§ Problem description
In the data below, one line contains "punch_hint env now" and a later one contains "effects; ending = continues". Print both, with every line between them, exactly and alone.

§ Data
++++++++++

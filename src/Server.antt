-- ===== src/Server.antt =====
-- The server's side of the rendezvous: the body of the notification task of
-- rust/fips-nostr-rendezvous/src/bin/fips-console-server.rs on a private message that was unwrapped,
-- with `start_punch` and `start_punch_plan`. Unwrapping, sending and the tasks that send probes belong
-- to nostr-sdk and tokio; what the body does with them is a list of effects.
pub mod Offers
pub mod Handoffs
pub mod Punches
pub mod Udp
use fips_nostr_bootstrap.Base.{
  ℕ, ◌+◌, ltb, leb, ◌==◌, nat_eq, text_eq, not, ◌&&◌, ◌||◌, if◌then◌else◌, Bool, true, false,
  Option, none, some, List, [], ◌∷◌, ◌++◌, Text, text, add64, contains,
}
use fips_nostr_bootstrap.Base.HashMap.{HashMap, insert}
use fips_nostr_bootstrap.Schema.{
  TraversalAddress, PunchHint, TraversalOffer, TraversalAnswer, LegacyEndpoint, LegacyPunch,
  LegacyStunInfo, LegacyWants, LegacyHelloMessage, LegacyServerInfoMessage,
}
use fips_nostr_bootstrap.Traversal.{offer_type, create_traversal_answer, is_none, is_empty}
use fips_nostr_bootstrap.Planner.Endpoints.{server_planned_remote_endpoints}

-- The settings that the body reads.
pub record Serving : Type 0 where
  pub npub : Text
  pub trusted_npubs : List Text
  pub stun_servers : List Text
  pub punch_interval_ms : ℕ
  pub punch_duration_ms : ℕ
  pub punch_start_delay_ms : ℕ

-- What the calls of one run of the body give: the clock at the test of the offer and after it, the
-- server's addresses, the server of its last STUN observation, whether all calls succeed up to the
-- sending of the reply, and whether a host parses as an IP address.
pub record Moment : Type 0 where
  pub tested_at : ℕ
  pub now : ℕ
  pub reflexive_address : Option TraversalAddress
  pub local_addresses : List TraversalAddress
  pub endpoint : LegacyEndpoint
  pub observed_server : Option Text
  pub sends : Bool
  pub is_ip : Text → Bool

pub data Effect : Type 0 where
  rejected : Text → Effect
  answered : TraversalAnswer → Effect
  informed : LegacyServerInfoMessage → Effect
  punches : Text → List LegacyEndpoint → LegacyPunch → Effect

-- How the body ends: the loop goes on, or an error ends the task.
pub data Ending : Type 0 where
  continues fails : Ending

pub record Served : Type 0 where
  pub pending_handoffs : HashMap Text Text
  pub effects : List Effect
  pub ending : Ending

abbrev pub punch_hint : Serving → ℕ → PunchHint
punch_hint env now = record {
  start_at_ms = add64 now env.punch_start_delay_ms;
  interval_ms = env.punch_interval_ms;
  duration_ms = env.punch_duration_ms;
}

abbrev pub legacy_punch : Serving → ℕ → LegacyPunch
legacy_punch env now = record {
  start_at_ms = add64 now env.punch_start_delay_ms;
  interval_ms = env.punch_interval_ms;
  duration_ms = env.punch_duration_ms;
}

abbrev pub accepts : Moment → Bool
accepts m = not (is_none m.reflexive_address) || not (is_empty m.local_addresses)

abbrev pub then_some {ℓ} : {A : Type ℓ} → Bool → A → Option A
then_some true a = some a
then_some false a = none

unfoldable pub answer_to : Serving → Moment → TraversalOffer → TraversalAnswer
answer_to env m offer =
    create_traversal_answer offer.session_id m.now 60000 (offer.session_id ++ text "-answer")
      env.npub offer.sender_npub offer.nonce (accepts m) m.reflexive_address m.local_addresses
      (then_some (accepts m) (punch_hint env m.now))
      (then_some (not (accepts m)) (text "no-usable-addresses"))

abbrev pub all_ip : (Text → Bool) → List LegacyEndpoint → Bool
all_ip is_ip [] = true
all_ip is_ip (remote ∷ remotes) = is_ip remote.host && all_ip is_ip remotes

-- `start_punch_plan`, behind what was done before: no remote is no error, a host that is not an
-- address is one.
unfoldable pub start_punch_plan :
    Moment → HashMap Text Text → List Effect → Text → List LegacyEndpoint → LegacyPunch → Served
start_punch_plan m handoffs effects session_id remotes punch =
    if is_empty remotes
    then record { pending_handoffs = handoffs; effects = effects; ending = continues }
    else if all_ip m.is_ip remotes
    then record {
      pending_handoffs = handoffs;
      effects = effects ++ (punches session_id remotes punch ∷ []);
      ending = continues;
    }
    else record { pending_handoffs = handoffs; effects = effects; ending = fails }

-- `start_punch`
unfoldable pub start_punch :
    Moment → HashMap Text Text → List Effect → Text → LegacyEndpoint → LegacyPunch → Served
start_punch m handoffs effects session_id remote punch =
    if m.is_ip remote.host
    then record {
      pending_handoffs = handoffs;
      effects = effects ++ (punches session_id (remote ∷ []) punch ∷ []);
      ending = continues;
    }
    else record { pending_handoffs = handoffs; effects = effects; ending = fails }

-- An offer that is meant for this server and lives.
unfoldable pub handle_offer : Serving → Moment → HashMap Text Text → TraversalOffer → Served
handle_offer env m handoffs offer =
    if not m.sends
    then record { pending_handoffs = handoffs; effects = []; ending = fails }
    else let answer = answer_to env m offer in
      let handoffs = insert handoffs offer.session_id offer.sender_npub in
      if accepts m
      then start_punch_plan m handoffs (answered answer ∷ []) offer.session_id
          (server_planned_remote_endpoints offer answer.reflexive_address answer.local_addresses)
          (legacy_punch env m.now)
      else record {
        pending_handoffs = handoffs;
        effects = answered answer ∷ [];
        ending = continues;
      }

abbrev pub first_or : Text → List Text → Text
first_or default [] = default
first_or default (x ∷ xs) = x

abbrev pub stun_uri : Serving → Option Text → Text
stun_uri env none = first_or (text "stun:fips.tomdwyer.uk:3478") env.stun_servers
stun_uri env (some server) = server

unfoldable pub info_for : Serving → Moment → LegacyHelloMessage → LegacyServerInfoMessage
info_for env m hello = record {
  message_type = text "fips.rendezvous.server-info";
  version = text "1.0";
  session_id = hello.session_id;
  nonce = hello.nonce;
  issued_at = m.now;
  endpoint = m.endpoint;
  punch = then_some hello.wants.fips_connect (legacy_punch env m.now);
  stun =
      then_some hello.wants.stun_info
        (record { uri = stun_uri env m.observed_server; metadata_tag = some (text "stun") });
}

-- What follows the reply to a hello that wants to connect.
abbrev pub connect :
    Serving
    → Moment
    → HashMap Text Text
    → Text
    → LegacyHelloMessage
    → Bool
    → Option LegacyEndpoint
    → Served
connect env m handoffs from_npub hello true (some client_endpoint) =
    start_punch m (insert handoffs hello.nonce from_npub) (informed (info_for env m hello) ∷ [])
      hello.nonce client_endpoint (legacy_punch env m.now)
connect env m handoffs from_npub hello _ _ = record {
  pending_handoffs = handoffs;
  effects = informed (info_for env m hello) ∷ [];
  ending = continues;
}

abbrev pub ignored : HashMap Text Text → Served
ignored handoffs = record { pending_handoffs = handoffs; effects = []; ending = continues }

unfoldable pub handle_hello :
    Serving → Moment → HashMap Text Text → Text → Option LegacyHelloMessage → Served
handle_hello env m handoffs from_npub none = ignored handoffs
handle_hello env m handoffs from_npub (some hello) =
    if not (hello.message_type == text "fips.rendezvous.hello") || is_empty hello.nonce
    then ignored handoffs
    else if not m.sends
    then record { pending_handoffs = handoffs; effects = []; ending = fails }
    else connect env m handoffs from_npub hello hello.wants.fips_connect hello.client_endpoint

abbrev pub concerns : Serving → ℕ → TraversalOffer → Bool
concerns env now offer =
    offer.message_type == offer_type && offer.recipient_npub == env.npub && ltb now offer.expires_at

abbrev pub offer_or_hello :
    Serving
    → Moment
    → HashMap Text Text
    → Text
    → Option TraversalOffer
    → Option LegacyHelloMessage
    → Served
offer_or_hello env m handoffs from_npub none as_hello =
    handle_hello env m handoffs from_npub as_hello
offer_or_hello env m handoffs from_npub (some offer) as_hello =
    if concerns env m.tested_at offer
    then handle_offer env m handoffs offer
    else handle_hello env m handoffs from_npub as_hello

-- A message from `from_npub`, with its content as serde_json reads it as an offer and as a hello.
unfoldable pub handle_message :
    Serving
    → Moment
    → HashMap Text Text
    → Text
    → Option TraversalOffer
    → Option LegacyHelloMessage
    → Served
handle_message env m handoffs from_npub as_offer as_hello =
    if not (is_empty env.trusted_npubs) && not (contains env.trusted_npubs from_npub)
    then record {
      pending_handoffs = handoffs;
      effects = rejected from_npub ∷ [];
      ending = continues;
    }
    else offer_or_hello env m handoffs from_npub as_offer as_hello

++++++++++

§ Exercise result
punch_hint env now = record {
  start_at_ms = add64 now env.punch_start_delay_ms;
  interval_ms = env.punch_interval_ms;
  duration_ms = env.punch_duration_ms;
}

abbrev pub legacy_punch : Serving → ℕ → LegacyPunch
legacy_punch env now = record {
  start_at_ms = add64 now env.punch_start_delay_ms;
  interval_ms = env.punch_interval_ms;
  duration_ms = env.punch_duration_ms;
}

abbrev pub accepts : Moment → Bool
accepts m = not (is_none m.reflexive_address) || not (is_empty m.local_addresses)

abbrev pub then_some {ℓ} : {A : Type ℓ} → Bool → A → Option A
then_some true a = some a
then_some false a = none

unfoldable pub answer_to : Serving → Moment → TraversalOffer → TraversalAnswer
answer_to env m offer =
    create_traversal_answer offer.session_id m.now 60000 (offer.session_id ++ text "-answer")
      env.npub offer.sender_npub offer.nonce (accepts m) m.reflexive_address m.local_addresses
      (then_some (accepts m) (punch_hint env m.now))
      (then_some (not (accepts m)) (text "no-usable-addresses"))

abbrev pub all_ip : (Text → Bool) → List LegacyEndpoint → Bool
all_ip is_ip [] = true
all_ip is_ip (remote ∷ remotes) = is_ip remote.host && all_ip is_ip remotes

-- `start_punch_plan`, behind what was done before: no remote is no error, a host that is not an
-- address is one.
unfoldable pub start_punch_plan :
    Moment → HashMap Text Text → List Effect → Text → List LegacyEndpoint → LegacyPunch → Served
start_punch_plan m handoffs effects session_id remotes punch =
    if is_empty remotes
    then record { pending_handoffs = handoffs; effects = effects; ending = continues }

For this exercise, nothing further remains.